Starting in cloisonné in Germany

Hannelore Sorge Næss was born in Eisenach in East Germany. 17 years old she started working with enamel. After four years of training at a goldsmiths workshop in her home town, specializing in cloisonné enamel on copper, and seven years of working as an enamelist at various workshops in West Germany (1952-1959), a new chapter in her life began. Seeing the Norwegian company David-Andersen’s enamel works at “Expo 58” in Brussels,  she decided to move to Norway.

To Norway and David-Andersen

When she came to Norway in her thirties, she took up work as an enamelist at the David-Andersen company, where she stayed for a year and learned to apply enamel to silver. At David-Andersen she also designed a few pieces of enamel jewelry that were put into serial production; in 1961 a cheerful fish brooch enameled in vivid colours, and in 1962 a set of brooch and earclips, in op-art cloisonné technique made in five different sublime colour schemes. The matte enamel and geometric design used for this jewelry set cleary pointed back to techniques and styles learned during her training in Germany.

Even though she only designed for David-Andersen for a short period, Hannelore Sorge brought new influences to the production, which can be seen in the work of other designers at the company, for example Thorbjørn Lie-Jørgensen’s famous jewelry seires, nicknamed ‘The four seasons’, mimicing cloisonné technique, and a couple of Uni David-Andersen’s characteristic brooches from the same time periode, one using matte enamel and one with a similar use of silver lines fraiming the enamel.

Her studio in Røyken

After leaving David-Andersen she set up her own workshop in Røyken outside Oslo, where she worked as an enamel craftswoman for many years. A large part of her work was painting and burning enamel on jewelry, mostly butterfly brooches for the company Hroar Prydz, which were produced in large quantities. She also continued working on her own designs in association with the shop of David-Andersen, where her work have been bought by the Norwegian royal family.

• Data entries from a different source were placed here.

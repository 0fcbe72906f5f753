-- ===== src/Memory/Eviction/Order.antt =====
-- src/memory.rs: the order of eviction, and that the candidates are sorted by it.
use amalgam.Prelude.{◌≡◌, refl, Bool, true, false, List, [], ◌∷◌, ◌&&◌, arith, all}
use amalgam.Prelude.Text.{Text, text_leb}
use amalgam.Memory.Eviction.{EvictionCandidate, precedes, place, sort}

text_leb_total : (s t : Text) → text_leb s t ≡ false → text_leb t s ≡ true
text_leb_total [] t h = ground arith
text_leb_total (c ∷ s) [] h = refl
text_leb_total (c ∷ s) (d ∷ t) h = ground (arith, text_leb_total s t)

text_leb_trans : (s t u : Text) → text_leb s t ≡ true → text_leb t u ≡ true → text_leb s u ≡ true
text_leb_trans [] t u h k = refl
text_leb_trans (c ∷ s) [] u h k = ground arith
text_leb_trans (c ∷ s) (d ∷ t) [] h k = ground arith
text_leb_trans (c ∷ s) (d ∷ t) (e ∷ u) h k = ground (arith, text_leb_trans s t u)

pub precedes_total : (a b : EvictionCandidate) → precedes a b ≡ false → precedes b a ≡ true
unfolding precedes
precedes_total a b h = ground (arith, text_leb_total a.key b.key)

pub precedes_trans :
    (a b c : EvictionCandidate) → precedes a b ≡ true → precedes b c ≡ true → precedes a c ≡ true
unfolding precedes
precedes_trans a b c h k = ground (arith, text_leb_trans a.key b.key c.key)

-- Each candidate precedes those that follow it.
abbrev pub ordered : List EvictionCandidate → Bool
ordered [] = true
ordered (c ∷ cs) = all (precedes c) cs && ordered cs

all-precedes :
    (a b : EvictionCandidate) (cs : List EvictionCandidate)
    → precedes a b ≡ true
    → all (precedes b) cs ≡ true
    → all (precedes a) cs ≡ true
all-precedes a b [] h k = refl
all-precedes a b (c ∷ cs) h k = ground (arith, all-precedes a b cs, precedes_trans a b c)

all-place :
    (p : EvictionCandidate → Bool) (c : EvictionCandidate) (cs : List EvictionCandidate)
    → all p (place c cs) ≡ (p c && all p cs)
unfolding place
all-place p c [] = ground arith
all-place p c (d ∷ ds) = ground (arith, all-place p c ds)

ordered-place :
    (c : EvictionCandidate) (cs : List EvictionCandidate)
    → ordered cs ≡ true
    → ordered (place c cs) ≡ true
unfolding place
ordered-place c [] h = refl
ordered-place c (d ∷ ds) h = ground (
  arith,
  ordered-place c ds,
  all-place (precedes d) c ds,
  precedes_total c d,
  all-precedes c d ds,
)

pub ordered-sort : (cs : List EvictionCandidate) → ordered (sort cs) ≡ true
unfolding sort
ordered-sort [] = refl
ordered-sort (c ∷ cs) = ordered-place c (sort cs) (ordered-sort cs)

pub all-sort :
    (p : EvictionCandidate → Bool) (cs : List EvictionCandidate) → all p (sort cs) ≡ all p cs
unfolding sort
all-sort p [] = refl
all-sort p (c ∷ cs) = ground (arith, all-sort p cs, all-place p c (sort cs))
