-- ===== src/Memory/Eviction/Victims.antt =====
-- src/memory.rs: the candidates of an eviction are the evictable entries, each with its own data, and
-- the victims are first in the order.
use amalgam.Prelude.{
  ℕ, ◌-◌, ◌≡◌, refl, Bool, true, false, not, Option, none, some, List, [], ◌∷◌, ◌==◌, ◌&&◌, arith,
  all, if◌then◌else◌, inl, inr,
}
use amalgam.Prelude.Result.{ok, Result-cases}
use amalgam.Prelude.Assoc.{lookup}
use amalgam.Prelude.Maps.{distinct, is_none, listed}
use amalgam.Prelude.Text.{Text, text_eq, text_eq_iff, text_Eq}
use amalgam.Options.Values.{Priority}
use amalgam.Memory.{MemoryLimits}
use amalgam.Memory.Eviction.{
  Stored, entry_weight, EvictionCandidate, ProjectedCapacity, precedes, is_evictable, candidate,
  candidates, place, sort, eligible_victims, take_victims,
}
use amalgam.Memory.Eviction.Order.{ordered, all-sort}

-- The candidate for a key.
abbrev pub named : Text → List EvictionCandidate → Option EvictionCandidate
named k [] = none
named k (c ∷ cs) = if text_eq c.key k then some c else named k cs

abbrev pub unlisted : Text → List EvictionCandidate → Bool
unlisted k cs = all (λ c. not (text_eq c.key k)) cs

abbrev pub unique : List EvictionCandidate → Bool
unique [] = true
unique (c ∷ cs) = unlisted c.key cs && unique cs

unlisted-place :
    (k : Text) (c : EvictionCandidate) (cs : List EvictionCandidate)
    → unlisted k (place c cs) ≡ (not (text_eq c.key k) && unlisted k cs)
unfolding place
unlisted-place k c [] = ground arith
unlisted-place k c (d ∷ ds) = ground (arith, unlisted-place k c ds)

unique-place :
    (c : EvictionCandidate) (cs : List EvictionCandidate)
    → unlisted c.key cs ≡ true
    → unique cs ≡ true
    → unique (place c cs) ≡ true
unfolding place
unique-place c [] h k = refl
unique-place c (d ∷ ds) h k = ground (
  arith,
  unique-place c ds,
  unlisted-place d.key c ds,
  text_eq_iff c.key d.key,
  text_eq_iff d.key c.key,
)

unlisted-sort : (k : Text) (cs : List EvictionCandidate) → unlisted k (sort cs) ≡ unlisted k cs
unlisted-sort k cs = all-sort (λ c. not (text_eq c.key k)) cs

unique-sort : (cs : List EvictionCandidate) → unique cs ≡ true → unique (sort cs) ≡ true
unfolding sort
unique-sort [] h = refl
unique-sort (c ∷ cs) h =
    ground (arith, unique-sort cs, unlisted-sort c.key cs, unique-place c (sort cs))

named-place :
    (k : Text) (c : EvictionCandidate) (cs : List EvictionCandidate)
    → unlisted c.key cs ≡ true
    → named k (place c cs) ≡ (if text_eq c.key k then some c else named k cs)
unfolding place
named-place k c [] h = refl
named-place k c (d ∷ ds) h =
    ground
      (arith, named-place k c ds, text_eq_iff c.key k, text_eq_iff d.key k, text_eq_iff d.key c.key)

named-sort :
    (k : Text) (cs : List EvictionCandidate) → unique cs ≡ true → named k (sort cs) ≡ named k cs
unfolding sort
named-sort k [] h = refl
named-sort k (c ∷ cs) h =
    ground (arith, named-sort k cs, named-place k c (sort cs), unlisted-sort c.key cs)

module _ {ℓ} {V : Type ℓ} where
  -- What a key's entry contributes to the candidates.
  abbrev pub offered : Text → Priority → Text → Option (Stored V) → Option EvictionCandidate
  offered key priority j none = none
  offered key priority j (some s) =
      if is_evictable key priority j s then some (candidate j s) else none

  -- A candidate with the weight of the entry that its key holds, another key than `key`.
  abbrev pub weighs : ℕ → Option (Stored V) → Bool
  weighs w none = false
  weighs w (some s) = w == entry_weight s

  abbrev pub backed : Text → List (Text × Stored V) → EvictionCandidate → Bool
  backed key m c = not (text_eq c.key key) && weighs c.weight (lookup c.key m)

  unlisted-candidates :
      (key : Text) (priority : Priority) (k : Text) (m : List (Text × Stored V))
      → lookup k m ≡ none
      → unlisted k (candidates key priority m) ≡ true
  unfolding candidates candidate lookup
  unlisted-candidates key priority k [] h = refl
  unlisted-candidates key priority k ((j, s) ∷ m) h =
      ground (arith, unlisted-candidates key priority k m)

  unique-candidates :
      (key : Text) (priority : Priority) (m : List (Text × Stored V))
      → distinct m ≡ true
      → unique (candidates key priority m) ≡ true
  unfolding candidates candidate
  unique-candidates key priority [] d = refl
  unique-candidates key priority ((j, s) ∷ m) d =
      ground (arith, unique-candidates key priority m, unlisted-candidates key priority j m)

  named-candidates :
      (key : Text) (priority : Priority) (k : Text) (m : List (Text × Stored V))
      → distinct m ≡ true
      → named k (candidates key priority m) ≡ offered key priority k (lookup k m)
  unfolding candidates candidate lookup is_evictable
  named-candidates key priority k [] d = refl
  named-candidates key priority k ((j, s) ∷ m) d =
      ground (arith, named-candidates key priority k m, text_eq_iff j k)

  backed-push :
      (key : Text) (j : Text) (s : Stored V) (m : List (Text × Stored V))
      (cs : List EvictionCandidate)
      → lookup j m ≡ none
      → all (backed key m) cs ≡ true
      → all (backed key ((j, s) ∷ m)) cs ≡ true
  unfolding lookup
  backed-push key j s m [] h k = refl
  backed-push key j s m (c ∷ cs) h k = ground (arith, backed-push key j s m cs, text_eq_iff j c.key)

  backed-candidates :
      (key : Text) (priority : Priority) (m : List (Text × Stored V))
      → distinct m ≡ true
      → all (backed key m) (candidates key priority m) ≡ true
  unfolding candidates candidate lookup is_evictable
  backed-candidates key priority [] d = refl
  backed-candidates key priority ((j, s) ∷ m) d =
      let rest = backed-push key j s m (candidates key priority m) in
      ground (arith, backed-candidates key priority m, rest, text_eq_iff j j)

  pub named-eligible_victims :
      (key : Text) (priority : Priority) (k : Text) (m : List (Text × Stored V))
      → distinct m ≡ true
      → named k (eligible_victims key priority m) ≡ offered key priority k (lookup k m)
  unfolding eligible_victims
  named-eligible_victims key priority k m d =
      rw (named-sort k (candidates key priority m) (unique-candidates key priority m d))
        (named-candidates key priority k m d)

  pub eligible_victims-IsBacked :
      (key : Text) (priority : Priority) (m : List (Text × Stored V))
      → distinct m ≡ true
      → (all (backed key m) (eligible_victims key priority m) ≡ true)
        × (unique (eligible_victims key priority m) ≡ true)
  unfolding eligible_victims
  eligible_victims-IsBacked key priority m d = (
    rw (all-sort (backed key m) (candidates key priority m)) (backed-candidates key priority m d),
    unique-sort (candidates key priority m) (unique-candidates key priority m d),
  )

-- The victims are candidates.
pub named-take_victims :
    (limits : MemoryLimits) (p : ProjectedCapacity) (cs : List EvictionCandidate) (ks : List Text)
    (k : Text)
    → take_victims limits p cs ≡ ok ks
    → listed k ks ≡ true
    → is_none (named k cs) ≡ false
unfolding take_victims
named-take_victims limits p [] ks k e h = ground arith
named-take_victims limits p (c ∷ cs) ks k e h =
    let left : ProjectedCapacity = record {
      entries = p.entries - 1;
      weight = p.weight - c.weight;
    } in
    elim (Result-cases (take_victims limits left cs)) [
      | inl (js, q) ↦ ground (arith, named-take_victims limits left cs js k q)
      | inr (why, q) ↦ ground arith
    ]

named-precedes :
    (c d : EvictionCandidate) (k : Text) (cs : List EvictionCandidate)
    → all (precedes c) cs ≡ true
    → named k cs ≡ some d
    → precedes c d ≡ true
named-precedes c d k [] h e = ground arith
named-precedes c d k (x ∷ cs) h e = ground (arith, named-precedes c d k cs)

-- A victim comes before each candidate that stays.
pub take_victims-precedes :
    (limits : MemoryLimits) (p : ProjectedCapacity) (cs : List EvictionCandidate) (ks : List Text)
    (k j : Text) (c d : EvictionCandidate)
    → take_victims limits p cs ≡ ok ks
    → ordered cs ≡ true
    → listed k ks ≡ true
    → listed j ks ≡ false
    → named k cs ≡ some c
    → named j cs ≡ some d
    → precedes c d ≡ true
unfolding take_victims
take_victims-precedes limits p [] ks k j c d e o hk hj ek ej = ground arith
take_victims-precedes limits p (x ∷ cs) ks k j c d e o hk hj ek ej =
    let left : ProjectedCapacity = record {
      entries = p.entries - 1;
      weight = p.weight - x.weight;
    } in
    elim (Result-cases (take_victims limits left cs)) [
      | inl (js, q) ↦
          ground (arith, take_victims-precedes limits left cs js k j c d q, named-precedes x d j cs)
      | inr (why, q) ↦ ground (arith, named-precedes x d j cs)
    ]
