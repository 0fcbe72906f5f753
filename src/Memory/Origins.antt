-- ===== src/Memory/Origins.antt =====
-- src/memory/origin.rs: the revisions of the keys for which an origin (a factory's start) is
-- registered. A revision is a counter, known by its identity; `alive` tells which counters some
-- owner still holds, which is when a weak reference upgrades.
use amalgam.Prelude.{
  ℕ, ◌+◌, ◌-◌, Bool, not, Option, none, some, List, [], ◌==◌, ◌&&◌, ltb, update, if◌then◌else◌,
}
use amalgam.Prelude.Assoc.{lookup, insert, remove}
use amalgam.Prelude.Text.{Text, text_Eq}
use amalgam.Prelude.Result.{Result, ok, err}
use amalgam.Recovery.MarkerWork.{RecoveryError, generation_exhausted}
use amalgam.Recovery.Work.{u64_max}

pub record ActiveRevision : Type 0 where
  pub revision : ℕ
  pub snapshots : ℕ

-- The registered revisions, and the values of all counters. `next_revision` is the identity of the
-- next counter to be made.
pub record Origins : Type 0 where
  pub active : List (Text × ActiveRevision)
  pub current : ℕ → ℕ
  pub next_revision : ℕ

abbrev pub no_origins : Origins
no_origins = record { active = []; current = λ _. 0; next_revision = 0 }

-- `Weak::upgrade` of the registered revision.
abbrev pub upgraded : (ℕ → Bool) → Option ActiveRevision → Option ℕ
upgraded alive none = none
upgraded alive (some a) = if alive a.revision then some a.revision else none

-- The revision to capture: the registered one, the provided one, or a new counter at 1.
abbrev pub chosen : Origins → Option ℕ → Option ℕ → Origins × ℕ
chosen o (some revision) provided = (o, revision)
chosen o none (some revision) = (o, revision)
chosen o none none = (
  record o { current = update o.current o.next_revision 1; next_revision = o.next_revision + 1 },
  o.next_revision,
)

abbrev pub registered : Option ActiveRevision → ℕ → ActiveRevision
registered none revision = record { revision = revision; snapshots = 1 }
registered (some a) revision =
    if a.revision == revision
    then record a { snapshots = a.snapshots + 1 }
    else record { revision = revision; snapshots = 1 }

-- The revision captured and its value, or an error once the counter is exhausted.
unfoldable pub capture_from :
    (ℕ → Bool) → Origins → Text → Option ℕ → Origins × Result (ℕ × ℕ) RecoveryError
capture_from alive o key provided =
    let (o', revision) = chosen o (upgraded alive (lookup key o.active)) provided in
    if o'.current revision == u64_max then (o', err generation_exhausted) else (
      record o' { active = insert key (registered (lookup key o.active) revision) o.active },
      ok (revision, o'.current revision),
    )

abbrev pub bumped : ℕ → ℕ
bumped n = if ltb n u64_max then n + 1 else u64_max

abbrev pub advance_revision : Origins → Option ℕ → Origins
advance_revision o none = o
advance_revision o (some r) = record o { current = update o.current r (bumped (o.current r)) }

-- `Origins::advance`: a mutation of the key moves its registered revision, if that is still held.
unfoldable pub advance : (ℕ → Bool) → Origins → Text → Origins
advance alive o key = advance_revision o (upgraded alive (lookup key o.active))

abbrev pub forget_over : Origins → Text → ℕ → Option ActiveRevision → Origins
forget_over o key revision none = o
forget_over o key revision (some a) =
    if a.revision == revision
    then record o {
      active =
          (if a.snapshots - 1 == 0
            then remove key o.active
            else insert key (record a { snapshots = a.snapshots - 1 }) o.active);
    }
    else o

unfoldable pub forget : Origins → Text → ℕ → Origins
forget o key revision = forget_over o key revision (lookup key o.active)

pub record RevisionSnapshot : Type 0 where
  pub revision : ℕ
  pub captured : ℕ
  pub generation : ℕ

unfoldable pub matches : Origins → RevisionSnapshot → ℕ → Bool
matches o s generation =
    not (generation == u64_max)
    && (s.generation == generation && o.current s.revision == s.captured)
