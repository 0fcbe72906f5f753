-- ===== src/Memory/Retention.antt =====
-- src/memory.rs: `Retention`, the store with limits. Each function is one critical section of its
-- mutex. A `Moment` is what the section reads from outside: the epochs of the read fences, the
-- runtime's clock, which instants are beyond it, and which origin revisions are still held.
pub mod Insert
pub mod Weights
pub mod Room
pub mod Valid
pub mod Placement
pub mod Admission
pub mod Outcome
use mathlib.Core.Option
use amalgam.Prelude.{
  ℕ, ◌+◌, ◌-◌, Bool, true, false, not, Option, none, some, List, [], ◌∷◌, ◌++◌, ◌==◌, ◌&&◌, ◌||◌,
  ltb, leb, length, if◌then◌else◌,
}
use amalgam.Prelude.Assoc.{lookup, insert, remove}
use amalgam.Prelude.Text.{Text, text_Eq}
use amalgam.Prelude.Result.{Result, ok, err}
use amalgam.Time.Duration.{Duration}
use amalgam.Time.Timestamp.{Timestamp, is_before}
use amalgam.Entry.Envelope.{Entry, Epochs, is_read_eligible, is_physically_expired}
use amalgam.Memory.{
  MemoryLimits, fits, MemoryExpiry, clock_driven, real_time, CapacityRejection, oversized,
  physically_expired, version_changed, MemoryAdmission, admitted, replaced, rejected,
  MemoryWriteEvent, set, expire, CaptureAdmission, RetirementReason, explicit, replacement, expiry,
  capacity, eligibility, metadata, Handle, Retirement,
}
use amalgam.Memory.Origins.{Origins, no_origins, advance, RevisionSnapshot, matches}
use amalgam.Memory.Eviction.{
  Stored, entry_weight, handle_weight, handle_priority, projection, projection_fits, plan,
}
use amalgam.Recovery.Work.{u64_max}

abbrev pub u128_max : ℕ
u128_max = 340_282_366_920_938_463_463_374_607_431_768_211_455

pub record Moment : Type 0 where
  pub epochs : Epochs
  pub elapsed : ℕ
  pub alive : ℕ → Bool
  pub overflows : Duration → Bool

-- `Expected`: what an insertion requires of the representation that is stored under its key.
pub data Expected {ℓ} (V : Type ℓ) : Type ℓ where
  any_entry absent mutation : Expected V
  same mutation_of : Handle V → Expected V
  origin : RevisionSnapshot → Expected V

-- `missing` is `Absent`; `raced` is an answer of the sharded store only.
pub data MemoryRead {ℓ} (V : Type ℓ) : Type ℓ where
  present : Handle V → MemoryRead V
  missing : MemoryRead V
  raced : Handle V → MemoryRead V
  expired : Retirement V → MemoryRead V

pub record Retention {ℓ} (V : Type ℓ) : Type ℓ where
  pub origins : Origins
  pub generation : ℕ
  pub entries : List (Text × Stored V)
  pub weight : ℕ
  pub next_access : ℕ
  pub limits : MemoryLimits
  pub expiry_mode : MemoryExpiry

abbrev pub reached : Option ℕ → ℕ → Bool
reached none elapsed = false
reached (some deadline) elapsed = leb deadline elapsed

abbrev pub is_some {κ} : {A : Type κ} → Option A → Bool
is_some none = false
is_some (some _) = true

abbrev pub next_ticket : ℕ → ℕ
next_ticket n = if ltb n u128_max then n + 1 else u128_max

abbrev pub replacing : MemoryWriteEvent → RetirementReason
replacing set = replacement
replacing expire = metadata

module _ {ℓ} {V : Type ℓ} where
  unfoldable pub new : MemoryLimits → MemoryExpiry → Retention V
  new limits mode = record {
    origins = no_origins;
    generation = 1;
    entries = [];
    weight = 0;
    next_access = 0;
    limits = limits;
    expiry_mode = mode;
  }

  abbrev pub dead_at : Entry V → Option Timestamp → Bool
  dead_at e none = false
  dead_at e (some now) = is_physically_expired e now

  unfoldable pub retirement_reason : Moment → Option Timestamp → Stored V → Option RetirementReason
  retirement_reason at now s =
      if not (is_read_eligible s.handle.entry at.epochs)
      then some eligibility
      else if dead_at s.handle.entry now || reached s.monotonic_expiration at.elapsed
      then some expiry
      else none

  unfoldable pub is_dead : Moment → Option Timestamp → Stored V → Bool
  is_dead at now s = is_some (retirement_reason at now s)

  abbrev pub retire : Stored V → Text → RetirementReason → Retirement V
  retire s key reason = record {
    key = key;
    handle = s.handle;
    reason = reason;
    capture = s.capture;
  }

  -- `remove`
  abbrev pub removed : Retention V → Text → Option (Stored V) → Retention V
  removed r key none = r
  removed r key (some s) = record r {
    entries = remove key r.entries;
    weight = r.weight - entry_weight s;
  }

  unfoldable pub take : Retention V → Text → Retention V × Option (Stored V)
  take r key = (removed r key (lookup key r.entries), lookup key r.entries)

  abbrev touch : Retention V → Text → Option (Stored V) → Retention V × MemoryRead V
  touch r key none = (record r { next_access = next_ticket r.next_access }, missing)
  touch r key (some s) = (
    record r {
      next_access = next_ticket r.next_access;
      entries = insert key (record s { access = next_ticket r.next_access }) r.entries;
    },
    present s.handle,
  )

  abbrev read_stored :
      Retention V → Text → Stored V → Option RetirementReason → Retention V × MemoryRead V
  read_stored r key s none = touch r key (some s)
  read_stored r key s (some reason) = (removed r key (some s), expired (retire s key reason))

  abbrev get_over :
      Moment
      → Option Timestamp
      → Retention V
      → Text
      → Option (Stored V)
      → Retention V × MemoryRead V
  get_over at now r key none = touch r key none
  get_over at now r key (some s) = read_stored r key s (retirement_reason at now s)

  unfoldable pub get : Moment → Option Timestamp → Retention V → Text → Retention V × MemoryRead V
  get at now r key = get_over at now r key (lookup key r.entries)

  abbrev pub dead_keys : Moment → Option Timestamp → List (Text × Stored V) → List Text
  dead_keys at now [] = []
  dead_keys at now ((k, s) ∷ m) =
      let rest = dead_keys at now m in if is_dead at now s then k ∷ rest else rest

  -- The loops that remove a list of keys and retire what they held.
  abbrev pub retired_of :
      (Stored V → RetirementReason)
      → Text
      → Option (Stored V)
      → List (Retirement V)
      → List (Retirement V)
  retired_of reason key none rest = rest
  retired_of reason key (some s) rest = retire s key (reason s) ∷ rest

  unfoldable pub remove_keys :
      (Stored V → RetirementReason) → List Text → Retention V → Retention V × List (Retirement V)
  unfolding take
  remove_keys reason [] r = (r, [])
  remove_keys reason (k ∷ ks) r =
      let (r', found) = take r k in
      let (last, rest) = remove_keys reason ks r' in (last, retired_of reason k found rest)

  abbrev pub expiry_reason : Moment → Option Timestamp → Stored V → RetirementReason
  expiry_reason at now s = Option.get_or (retirement_reason at now s) expiry

  unfoldable pub remove_expired :
      Moment → Option Timestamp → Retention V → Retention V × List (Retirement V)
  unfolding remove_keys
  remove_expired at now r = remove_keys (expiry_reason at now) (dead_keys at now r.entries) r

In 1983 Hannelore Sorge Næss started a close collaboration with Valdres Sølvsmie, working together with Sigrid Høivik on a series of copper and enamel pieces. Again she took up the advanced cloisonné technique that they had both learned back in Germany, possibly in Käthe Ruckenbrod’s workshop. This was a smaller crafts production depicting motives from the nature in the surrounding mountains of Valdres. Copper thread bent by hand defined the motives and created a pattern that could be filled in with enamel colours, applied with a thin brush.

Photo: Stein Hage/NRK

From this time in her career, at 55 years old, she started exhibiting her work, such as enameled miniature paintings, boxes, bowls and clocks at local galleries, saying that age makes us more confident and free to express ourselves. In 1989 she moved her workshop to Larvik, where she found inspiration from the costal scene for her work.